Das cinco casas iniciais, o projeto cresceu e abraçaram um novo desafio, hoje batizado a Loja do Senhor Costa. Trata-se de um edifício central, com fachada em azulejo, em que também somos conduzidos por uma estória antiga: esta era uma antiga mercearia, a única de Santa Comba Dão. Pertencia a dois irmãos que vendiam de tudo, desde tecidos a lãs, sem esquecer os víveres e as bebidas. Depois fechou, o prédio ficou devoluto e, há dois anos, a família de Ana comprou-a e recuperou-a. “Criámos um espaço comum cá em baixo, e cinco quartos, inspirados nos antigos quartos alugados aos caixeiros-viajantes que por aqui passavam. A loja do senhor Costa fornecia toda esta região. Quisemos garantir conforto e simpatia, porque os dois irmãos eram muito educados, daquela educação à moda antiga, e quisemos transpor esse conceito para cá e fazer as pessoas sentirem que estavam a chegar à casa dos avós, até com os lençóis de algodão na cama”, conta Ana. Além disso, na Loja do Senhor Costa servem-se refeições por encomenda e organizam-se eventos.
Certo é tendo as Casas como ponto de partida, há atividades para ocupar-nos durante dias.
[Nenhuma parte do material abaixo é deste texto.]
-- ===== src/Dispatch/Unknown.antt =====
-- The policy for arguments that a spec does not declare (dispatch/utils.py,
-- `resolve_unknown_arguments`, `enforceable_policy` and what they call).
pub mod Refused
pub mod Disjoint
use djangorestframework_serv.Prelude.{
  String, Bool, true, false, ◌&&◌, ◌||◌, not, Option, none, some, List, [], ◌∷◌, ◌++◌, Dict, keys,
  contains, keep, is_some, is_empty, if◌then◌else◌, Result, ok, err, ◌>>=◌,
}
use djangorestframework_serv.Values.{Value}
use djangorestframework_serv.Callables.{Callable, Parameter}
use djangorestframework_serv.Specs.{ServiceSpec, SelectorSpec}
use djangorestframework_serv.Dispatch.Declared.{
  ArgumentError, misdeclared, unresolved_extras, unenforceable, unexpected, Call, RuntimeAnnotation,
  target_lookup, DispatchSpec, service_spec, selector_spec, server_owned_keys, minus, when_listed,
  callable_param_names, selector_names, selector_consumed_keys,
}

pub data ArgumentBinding : Type 0 where
  auto bundle spread_author_wins spread_caller_wins : ArgumentBinding

pub data UnknownArguments : Type 0 where
  ignore reject passthrough : UnknownArguments

-- `resolve_argument_binding`
unfoldable pub resolve_argument_binding : DispatchSpec → ArgumentBinding → ArgumentBinding
resolve_argument_binding (service_spec spec) auto = bundle
resolve_argument_binding (selector_spec spec) auto = spread_author_wins
resolve_argument_binding spec binding = binding

abbrev is_bundle : ArgumentBinding → Bool
is_bundle bundle = true
is_bundle _ = false

-- `key not in declared and key not in reserved`
abbrev pub is_unknown : List String → List String → String → Bool
is_unknown declared reserved k = not (contains k declared) && not (contains k reserved)

unfoldable pub unknown_in : (String → Bool) → Dict Value → Dict Value
unknown_in p [] = []
unknown_in p ((k, v) ∷ params) =
    let rest = unknown_in p params in if p k then (k, v) ∷ rest else rest

abbrev pub enforce_policy : UnknownArguments → Dict Value → Call (Dict Value)
enforce_policy reject [] = ok []
enforce_policy reject ((k, v) ∷ unknown) = err (unexpected (k ∷ keys unknown))
enforce_policy _ unknown = ok unknown

abbrev unlisted : UnknownArguments → ArgumentError → Call (Dict Value)
unlisted reject (unresolved_extras fn p) = err (unenforceable fn p)
unlisted passthrough (unresolved_extras fn p) = ok []
unlisted policy raised = err raised

abbrev pub judge :
    UnknownArguments → List String → Dict Value → Call (Option (List String)) → Call (Dict Value)
judge policy reserved params (err raised) = unlisted policy raised
judge policy reserved params (ok none) = ok []
judge policy reserved params (ok (some declared)) =
    enforce_policy policy (unknown_in (is_unknown declared reserved) params)

abbrev policy_of : Call Bool → Call UnknownArguments
policy_of (ok true) = ok ignore
policy_of (ok false) = ok reject
policy_of (err (unresolved_extras fn p)) = err (unenforceable fn p)
policy_of (err raised) = err raised

-- What `declared_input_keys` makes of the callables of a service.
abbrev pub service_keys : List String → List String → List String → List String → List String
service_keys fields owned consumed parameters = fields ++ minus (consumed ++ parameters) owned

module _ (annotation : Callable → Parameter → RuntimeAnnotation) where
  -- `_spread_parameter_keys`
  unfoldable pub spread_parameter_keys :
      ServiceSpec → ArgumentBinding → List String → Call (Option (List String))
  unfolding resolve_argument_binding callable_param_names keep contains
  spread_parameter_keys spec binding reserved =
      if is_some spec.input_serializer
        || is_bundle (resolve_argument_binding (service_spec spec) binding)
      then ok (some [])
      else callable_param_names annotation spec.service >>= λ found.
          when_listed found (λ names. ok (some (minus names reserved)))

  -- A filter set opens the input of a selector.
  abbrev pub filtered_names : SelectorSpec → Call (Option (List String))
  filtered_names spec =
      if is_some spec.filter_set then ok none else selector_names annotation spec.selector

  -- `declared_input_keys`, with the names of the serializer's fields
  unfoldable pub declared_input_keys :
      DispatchSpec → List String → ArgumentBinding → List String → Call (Option (List String))
  unfolding server_owned_keys selector_consumed_keys spread_parameter_keys keep contains
  declared_input_keys (selector_spec spec) fields binding reserved = do
    owned ← server_owned_keys (selector_spec spec)
    found ← filtered_names spec
    when_listed found (λ names. ok (some (minus names owned)))
  declared_input_keys (service_spec spec) fields binding reserved = do
    owned ← server_owned_keys (service_spec spec)
    found ← selector_consumed_keys annotation (target_lookup spec)
    when_listed found (λ consumed. do
      spread ← spread_parameter_keys spec binding reserved
      when_listed spread (λ parameters. ok (some (service_keys fields owned consumed parameters))))

  -- `resolve_unknown_arguments`
  unfoldable pub resolve_unknown_arguments :
      DispatchSpec
      → Dict Value
      → UnknownArguments
      → List String
      → List String
      → ArgumentBinding
      → Call (Dict Value)
  unfolding declared_input_keys unknown_in contains
  resolve_unknown_arguments spec params ignore fields reserved binding = ok []
  resolve_unknown_arguments spec params policy fields reserved binding =
      judge policy reserved params (declared_input_keys spec fields binding reserved)

  abbrev lookup_selector : Option SelectorSpec → Option Callable
  lookup_selector none = none
  lookup_selector (some lookup) = lookup.selector

  -- `_reads_openly`, its two halves
  abbrev reader : DispatchSpec → Option Callable
  reader (selector_spec spec) = spec.selector
  reader (service_spec spec) = lookup_selector (target_lookup spec)

  abbrev spreads_openly : DispatchSpec → ArgumentBinding → List String → Call Bool
  spreads_openly (selector_spec spec) binding reserved = ok false
  spreads_openly (service_spec spec) binding reserved =
      spread_parameter_keys spec binding reserved >>= λ found. ok (not (is_some found))

  unfoldable pub reads_openly : DispatchSpec → ArgumentBinding → List String → Call Bool
  unfolding spread_parameter_keys callable_param_names
  reads_openly spec binding reserved = do
    names ← selector_names annotation (reader spec)
    if is_some names then spreads_openly spec binding reserved else ok true

  -- `enforceable_policy`
  unfoldable pub enforceable_policy :
      DispatchSpec → UnknownArguments → ArgumentBinding → List String → Call UnknownArguments
  unfolding reads_openly
  enforceable_policy spec reject binding reserved = policy_of (reads_openly spec binding reserved)
  enforceable_policy spec policy binding reserved = ok policy
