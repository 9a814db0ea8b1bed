-- ===== src/Dispatch/Unknown/Disjoint.antt =====
-- What the server owns is not declared as input.
use djangorestframework_serv.Prelude.{
  String, ◌≡◌, sym, ap, ◌∙◌, true, false, not, Option, none, some, List, [], ◌++◌, contains, ok,
  >>=-eq-ok, ok-injective, some-inj, arith, contains-append, contains-keep,
}
use djangorestframework_serv.Callables.{Callable, Parameter}
use djangorestframework_serv.Dispatch.Declared.{
  Call, RuntimeAnnotation, DispatchSpec, service_spec, selector_spec, server_owned_keys, minus,
  when_listed, target_lookup, selector_consumed_keys,
}
use djangorestframework_serv.Dispatch.Unknown.{
  ArgumentBinding, spread_parameter_keys, filtered_names, declared_input_keys,
}

-- The names that a serializer declares, which only a service has.
abbrev pub payload : DispatchSpec → List String → List String
payload (service_spec spec) fields = fields
payload (selector_spec spec) fields = []

when_listed-eq-some :
    (found : Option (List String)) (next : List String → Call (Option (List String)))
    (declared : List String)
    → when_listed found next ≡ ok (some declared)
    → (names : List String) × (next names ≡ ok (some declared))
when_listed-eq-some none next declared h = cc
when_listed-eq-some (some names) next declared h = (names, h)

contains-minus :
    (k : String) (names owned : List String)
    → contains k owned ≡ true
    → contains k (minus names owned) ≡ false
contains-minus k names owned h = contains-keep (λ j. not (contains j owned)) k names ∙ ground arith

-- A declared set of input names has a name that the server owns only where a field of the service's
-- input serializer has it.
pub declared_input_keys-disjoint :
    (annotation : Callable → Parameter → RuntimeAnnotation) (spec : DispatchSpec)
    (fields : List String) (binding : ArgumentBinding) (reserved owned declared : List String)
    (k : String)
    → server_owned_keys spec ≡ ok owned
    → declared_input_keys annotation spec fields binding reserved ≡ ok (some declared)
    → contains k owned ≡ true
    → contains k declared ≡ contains k (payload spec fields)
unfolding declared_input_keys contains
declared_input_keys-disjoint annotation (selector_spec spec) fields binding reserved owned declared
      k owns h mem =
    let (same, read, rest) = >>=-eq-ok (server_owned_keys (selector_spec spec)) _ h in
    let (found, _, listed) = >>=-eq-ok (filtered_names annotation spec) _ rest in
    let (names, made) = when_listed-eq-some found _ declared listed in
    let agree = ok-injective (sym read ∙ owns) in
    ap (contains k) (sym (some-inj (ok-injective made)))
    ∙ contains-minus k names same (ap (contains k) agree ∙ mem)
declared_input_keys-disjoint annotation (service_spec spec) fields binding reserved owned declared k
      owns h mem =
    let (same, read, rest) = >>=-eq-ok (server_owned_keys (service_spec spec)) _ h in
    let (found, _, listed) =
      >>=-eq-ok (selector_consumed_keys annotation (target_lookup spec)) _ rest in
    let (consumed, more) = when_listed-eq-some found _ declared listed in
    let (spread, _, last) =
      >>=-eq-ok (spread_parameter_keys annotation spec binding reserved) _ more in
    let (parameters, made) = when_listed-eq-some spread _ declared last in
    let agree = ok-injective (sym read ∙ owns) in
    let gone = contains-minus k (consumed ++ parameters) same (ap (contains k) agree ∙ mem) in
    ap (contains k) (sym (some-inj (ok-injective made)))
    ∙ contains-append k fields (minus (consumed ++ parameters) same)
    ∙ ground arith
Desde as quintas vinícolas que podemos visitar – com destaque para a Magnum Carlos Lucas Vinhos, onde tem oportunidade de conhecer alguns dos vinhos mais aclamados internacionalmente desta região.
Obrigatório é pedalar na ecopista do Dão e conhecer Peter, um holandês que gere a Abelenda Bike Rental e que, além de ter disponíveis bicicletas para alugar, assegura transfers para quem se quer aventurar até Viseu mas não sabe o que fazer para regressar ao carro. Quem quiser, pode também levar piquenique – é só avisar a Ana e terá um “farnel” para aproveitar a viagem, numa bicicleta com um pequeno atrelado, e aproveitar uma pista que passa por antigas estações de comboios e praias fluviais.
Para jantar, a nossa sugestão é o restaurante 3 Pipos, situado em Tondela, em que temos oportunidade de experimentar a gastronomia regional da Beira Alta. Com diversas salas em granito, de ambiente informal e acolhedor, os vinhos do Dão têm destaque, bem como os petiscos típicos desta região. E um conselho: vá com bastante fome.
Certo é que, quando regressar a Santa Comba Dão, de barriga cheia, vai sentir-se em casa ao pisar os degraus de granito e enroscar-se nos lençóis para uma boa noite de sono, daquelas que só mesmo uma boa estória, nos dá.